Marco Zatterin
Se si compie l’immane sforzo di guardare al caso Ilva senza farsi distrarre dalle troppe e confuse voci della politica, la scena si presenta drammaticamente chiara. Un anno fa, Arcelor Mittal ha affittato per 18 mesi l’Ilva di Taranto con l’impegno di acquisirla il primo giugno prossimo, per un totale di 1,8 miliardi; contestualmente, il colosso siderurgico euroindiano s’è impegnato a investimenti ambientali (1,1 miliardi) e industriali (1,2). È stata una gara vinta al rialzo ad un prezzo non da saldo: «Hanno pagato una bicicletta usata al prezzo di una nuova», è il senno fuggito dal cuore d’un analista di lungo corso. Eppure, è apparso il migliore degli accordi possibili, ai lavoratori, ai signori dei palazzi romani come ai tecnici di Bruxelles, scesi in agosto per vedere l’aria che tira e quella che respiriamo, e rientrati a casa soddisfatti.
A dodici mesi dal passaggio di mano, Arcelor Mittal ha fatto saltare il tavolo. Con calma si può ragionare sulla possibilità che abbiano compiuto un passo più lungo della gamba con quella firma del 2018. Errore o no, si sono infilati in una posizione scomoda. I dazi americani li espongono sempre di più alla concorrenza asiatica e turca, mentre la domanda europea è in forte calo e, secondo le stime, lo sarà almeno per altri due trimestri.
L’intrigo del caso Ilva, complicato dalla mutabilità degli umori politici nazionali, ha finito per generare gran turbamento in Mittal & Co. Sempre che, come bisogna naturalmente ritenere sino a prova contraria, siano tutti in buona fede. Allora prendete dei non italiani e portateli nel paese dove gli italiani sono accampati da secoli. Poneteli di fronte a ogni sorta di alea e vincolo, ambientali e legali, poi industriali. Se siamo di qui, abbiamo ben presente come nelle amministrazioni pubbliche chi firma un pezzo di carta lo faccia col timore di finire indagato suo malgrado. E che un sindaco trascurato dalla magistratura sia un elefante bianco.
Lo scudo penale serviva a garantire il management dalle code delle precedenti gestioni. Se sono seri, i nuovi signori di Taranto devono aver pensato che dopo l’eliminazione in Parlamento non ne valesse più la pena. «Senza tutele non ci viene nessuno», concede un giurista che lavora col governo dove, come evidente, albergano anime differenti e contrastanti.
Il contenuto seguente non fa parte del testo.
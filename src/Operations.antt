-- ===== src/Operations.antt =====
-- The durable operations of the control plane (internal/operations).
pub mod Value
pub mod State
pub mod Record
pub mod Lease
pub mod Idempotency
pub mod Samples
È un pasticcio con una sola soluzione accettabile: salvare il potenziale industriale rimasto della più grande fabbrica siderurgica d’Europa, dare un futuro a quasi ventimila lavoratori (indotto compreso), e assicurare la tutela della salute dei tarantini che rischiano di pagare il prezzo più alto e duraturo dello stallo. Per centrare questo obiettivo, ci sono due vie: ripristinare le condizioni per realizzare il piano Mittal, ribadendo lo scudo penale con tutti i suoi rischi, senza però riaprire la trattativa sui contenuti industriali; oppure rompere con gli euroindiani, buttandosi in una disputa giuridica complessa e potenzialmente costosa, trovando al contempo un nuovo socio (chi, a queste condizioni?) oppure ripubblicizzando profilati e affini (con quali soldi?).
Quale sia la risposta che si vorrà e riuscirà a dare, ce n’è un’altra che non si può rinviare. Nessun governo italiano ha fatto miracoli per l’industria nazionale e tantomeno per il Mezzogiorno. L’assistenzialismo è prevalso sulla strategia di sviluppo e la stagione gialloverde è apparsa più parca di successi del previsto. Nell’ultimo anno sono passati al Mise accordi annunciati come miracolosi – da Whirlpool a Pernigotti – che la realtà ha trasformato in beffa. L’Ilva è l’ennesimo brutale inciampo per una classe politica ondivaga e stonata. Rischia di innescare una crisi lunga e difficile, durante la quale non bisognerebbe dimenticarsi di chi produce, di chi lavora, di chi respira. Servirebbe una decisione presa nell’ambito di una strategia industriale seria e moderna, concertata, credibile e mantenuta nel tempo. Se non ci piace dove stiamo, esiste sempre la facoltà di cambiare posto. Siamo uomini, mica ciminiere.